***** Dataset entries
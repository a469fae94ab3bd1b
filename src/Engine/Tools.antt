-- ===== src/Engine/Tools.antt =====
-- engine/agent.go and engine/task_controls.go: running the tool calls of a model's response. Tools,
-- the permission check and JSON are arguments; a registry is the map of tool/registry.go.
pub mod Scope
use tracklogic_agent.Common.{
  ℕ, Bool, true, false, Text, codes, text_eq, trim_space, is_empty, List, [], ◌∷◌, ◌++◌, Option,
  none, some, if◌then◌else◌, Dict, lookup,
}
use tracklogic_agent.Types.{
  ToolCall, GoError, new_error, wrap_error, tool_error, invalid_input, security_violation, Result,
  ok, err,
}
use tracklogic_agent.Interaction.{Request, Response, member}
use tracklogic_agent.Task.Protocol.{Checkpoint}
use tracklogic_agent.Engine.Runtime.{Runtime, Codec}

-- tool.Tool, with arguments and results in a type of JSON values.
pub record Tool (W J : Type 0) : Type 0 where
  pub validate : J → Option GoError
  pub execute : J → W → Result J × W

-- The fields of an Agent that executeToolCall reads; `none` is nil.
pub record Toolbox (W J : Type 0) : Type 0 where
  pub registry : Option (Dict (Tool W J))
  pub allowed_tools : Option (List Text)
  pub check_permission : Option (Text → Option GoError)
  pub decode : Text → Result J
  pub encode : J → Result Text

module _ {W J : Type 0} (codec : Codec) (box : Toolbox W J) where
  abbrev pub is_allowed : Option (List Text) → Text → Bool
  is_allowed none name = true
  is_allowed (some names) name = member name names

  abbrev pub denial : Option (Text → Option GoError) → Text → Option GoError
  denial none name = none
  denial (some check) name = check name

  abbrev pub encode_result : Result J × W → Result Text × W
  encode_result (err e, w) = (err e, w)
  encode_result (ok value, w) = elim (box.encode value) [
    | err e ↦ (err (wrap_error tool_error (codes "failed to marshal tool result") e), w)
    | ok text ↦ (ok text, w)
  ]

  abbrev pub run_validated : Tool W J → J → Option GoError → W → Result Text × W
  run_validated tool args (some e) w =
      (err (wrap_error invalid_input (codes "tool argument validation failed") e), w)
  run_validated tool args none w = encode_result (tool.execute args w)

  abbrev pub run_decoded : Tool W J → Result J → W → Result Text × W
  run_decoded tool (err e) w =
      (err (wrap_error invalid_input (codes "failed to parse tool arguments") e), w)
  run_decoded tool (ok args) w = run_validated tool args (tool.validate args) w

  abbrev pub run_permitted : Tool W J → ToolCall → Option GoError → W → Result Text × W
  run_permitted tool call (some e) w =
      (err (wrap_error security_violation (codes "tool permission denied") e), w)
  run_permitted tool call none w = run_decoded tool (box.decode call.function.arguments) w

  abbrev pub run_found : Option (Tool W J) → ToolCall → W → Result Text × W
  run_found none call w = (
    err (
        new_error tool_error
          (codes "tool " ++ (codec.quote call.function.name ++ codes " not found"))),
    w,
  )
  run_found (some tool) call w =
      run_permitted tool call (denial box.check_permission call.function.name) w

  abbrev pub run_in : Option (Dict (Tool W J)) → ToolCall → W → Result Text × W
  run_in none call w = (err (new_error tool_error (codes "no tool registry configured")), w)
  run_in (some registry) call w =
      if is_allowed box.allowed_tools call.function.name
      then run_found (lookup call.function.name registry) call w
      else (
        err (
            new_error security_violation (
              codes "tool "
              ++ (codec.quote call.function.name
                  ++ codes " is outside the agent capability scope"))),
        w,
      )

  -- Agent.executeToolCall
  unfoldable pub execute_tool_call : ToolCall → W → Result Text × W
  execute_tool_call call w = run_in box.registry call w

module _ {W : Type 0} (codec : Codec) (rt : Runtime W) where
  abbrev accepted : Option GoError × W → Result Text × W
  accepted (some e, w) = (err e, w)
  accepted (none, w) = (ok (codes "{\"accepted\":true}"), w)

  report : Result Text → W → Result Text × W
  report (err e) w =
      (err (wrap_error invalid_input (codes "failed to parse progress arguments") e), w)
  report (ok summary) w =
      if is_empty (trim_space summary)
      then (err (new_error invalid_input (codes "progress summary is required")), w)
      else accepted (rt.report_progress summary w)

  abbrev identified : Request → W → Request
  identified request w =
      if is_empty request.id then record request { id = rt.new_id w } else request

  abbrev answered : Result Response × W → Result Text × W
  answered (err e, w) = (err e, w)
  answered (ok response, w) = elim (codec.encode_response response) [
    | err e ↦ (err (wrap_error tool_error (codes "failed to encode interaction response") e), w)
    | ok text ↦ (ok text, w)
  ]

  ask : Result Request → Checkpoint → W → Result Text × W
  ask (err e) checkpoint w =
      (err (wrap_error invalid_input (codes "failed to parse interaction arguments") e), w)
  ask (ok request) checkpoint w = answered (rt.request_input (identified request w) checkpoint w)

  -- executeTaskControl: `none` when the call is of no control tool.
  unfoldable pub execute_task_control : ToolCall → Checkpoint → W → Option (Result Text × W)
  unfolding report ask
  execute_task_control call checkpoint w =
      if text_eq call.function.name (codes "report_progress")
      then some (report (codec.decode_progress call.function.arguments) w)
      else if text_eq call.function.name (codes "request_user_input")
      then some (ask (codec.decode_request call.function.arguments) checkpoint w)
      else none
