-- ===== src/Api/Server/Registration.antt =====
-- A registration leaves the tables as they look to another organisation.
use bangmod_monitor.Prelude.{
  String, false, Option, none, some, List, ◌≡◌, refl, str_eq, if_both, if◌then◌else◌,
}
use bangmod_monitor.Api.Store.{
  Maria, Fetched, row, missing, unreadable, create_org, create_user, create_subscription,
  add_org_region, update_subscription_stripe,
}
use bangmod_monitor.Api.Store.Users.{Org, User, insert_org, insert_user}
use bangmod_monitor.Api.Accounts
use bangmod_monitor.Api.Accounts.{
  RegisterReq, AccountReply, register, with_existing, with_hash, with_orgs, with_users, set_up,
  subscribe, enable_default_region, link_customer, new_user, find_user, is_refused,
}
use bangmod_monitor.Api.Server.View.{
  LooksSame, LooksSame-refl, LooksSame-trans, regions_in-insert, subscriptions_in-insert,
  subscriptions_in-update,
}

-- A registration, of an organisation with another id
module _ (q : String) (e : Accounts.Env) (req : RegisterReq) (ne : str_eq e.org_id q ≡ false) where
  subscribe-same : (m : Maria) → LooksSame q m (subscribe e m)
  subscribe-same m =
      if_both (LooksSame q m) (e.db_fails create_subscription) (LooksSame-refl q m) (record {
        hosts = refl;
        regions = refl;
        subscriptions = subscriptions_in-insert e.org_id q ne e.sub_id "plan-free" m.subscriptions;
        invoices = refl;
        plans = refl;
      })

  region-same : (m : Maria) → LooksSame q m (enable_default_region e m)
  region-same m = if_both (LooksSame q m) (e.db_fails add_org_region) (LooksSame-refl q m) (record {
    hosts = refl;
    regions = regions_in-insert e.org_id q ne e.region_id "th" e.now m.org_regions;
    subscriptions = refl;
    invoices = refl;
    plans = refl;
  })

  link-same : (o : Option String) (m : Maria) → LooksSame q m (link_customer e o m)
  link-same none m = LooksSame-refl q m
  link-same (some id) m =
      if_both (LooksSame q m) (e.db_fails update_subscription_stripe) (LooksSame-refl q m) (record {
        hosts = refl;
        regions = refl;
        subscriptions = subscriptions_in-update e.org_id q ne _ m.subscriptions;
        invoices = refl;
        plans = refl;
      })

  set_up-same : (m : Maria) → LooksSame q m (set_up e req m)
  set_up-same m =
      LooksSame-trans (LooksSame-trans (subscribe-same m) (region-same (subscribe e m))) (
        link-same (if e.stripe_enabled then e.create_customer req.email req.org_name else none)
          (enable_default_region e (subscribe e m)))

  -- Another table of organisations or of users shows nothing.
  with_users-same :
      (u : User) (m n : Maria) (o : Option (List User))
      → LooksSame q m n
      → LooksSame q m (with_users e req u n o).1
  with_users-same u m n none s = s
  with_users-same u m n (some us) s =
      LooksSame-trans
        (record {
          hosts = s.hosts;
          regions = s.regions;
          subscriptions = s.subscriptions;
          invoices = s.invoices;
          plans = s.plans;
        })
        (set_up-same (record n { users = us }))

  with_orgs-same :
      (u : User) (m : Maria) (o : Option (List Org)) → LooksSame q m (with_orgs e req u m o).1
  with_orgs-same u m none = LooksSame-refl q m
  with_orgs-same u m (some os) =
      with_users-same u m (record m { orgs = os })
        (if e.db_fails create_user then none else insert_user e.same_email u m.users)
        (record {
          hosts = refl;
          regions = refl;
          subscriptions = refl;
          invoices = refl;
          plans = refl;
        })

  with_hash-same : (m : Maria) (o : Option String) → LooksSame q m (with_hash e req m o).1
  with_hash-same m none = LooksSame-refl q m
  with_hash-same m (some hash) =
      with_orgs-same (new_user e req hash) m
        (if e.db_fails create_org then none else insert_org e.org_id req.org_name e.now m.orgs)

  with_existing-same : (m : Maria) (f : Fetched User) → LooksSame q m (with_existing e req m f).1
  with_existing-same m unreadable = LooksSame-refl q m
  with_existing-same m (row u) = LooksSame-refl q m
  with_existing-same m missing = with_hash-same m (e.hash_password req.password)

pub register-same :
    (q : String) (e : Accounts.Env) (req : Option RegisterReq) (m : Maria)
    → str_eq e.org_id q ≡ false
    → LooksSame q m (register e req m).1
unfolding register
register-same q e none m ne = LooksSame-refl q m
register-same q e (some req) m ne =
    if_both (λ (r : AccountReply × Maria). LooksSame q m r.1) (is_refused e req)
      (LooksSame-refl q m) (with_existing-same q e req ne m (find_user e req.email m))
**********
Assignment:
All that is wanted is an exact copy of the lines above from the one with "pub record Toolbox" through the one with "run_decoded tool (err", with both ends included.

Task output:
pub record Toolbox (W J : Type 0) : Type 0 where
  pub registry : Option (Dict (Tool W J))
  pub allowed_tools : Option (List Text)
  pub check_permission : Option (Text → Option GoError)
  pub decode : Text → Result J
  pub encode : J → Result Text

module _ {W J : Type 0} (codec : Codec) (box : Toolbox W J) where
  abbrev pub is_allowed : Option (List Text) → Text → Bool
  is_allowed none name = true
  is_allowed (some names) name = member name names

  abbrev pub denial : Option (Text → Option GoError) → Text → Option GoError
  denial none name = none
  denial (some check) name = check name

  abbrev pub encode_result : Result J × W → Result Text × W
  encode_result (err e, w) = (err e, w)
  encode_result (ok value, w) = elim (box.encode value) [
    | err e ↦ (err (wrap_error tool_error (codes "failed to marshal tool result") e), w)
    | ok text ↦ (ok text, w)
  ]

  abbrev pub run_validated : Tool W J → J → Option GoError → W → Result Text × W
  run_validated tool args (some e) w =
      (err (wrap_error invalid_input (codes "tool argument validation failed") e), w)
  run_validated tool args none w = encode_result (tool.execute args w)

  abbrev pub run_decoded : Tool W J → Result J → W → Result Text × W
  run_decoded tool (err e) w =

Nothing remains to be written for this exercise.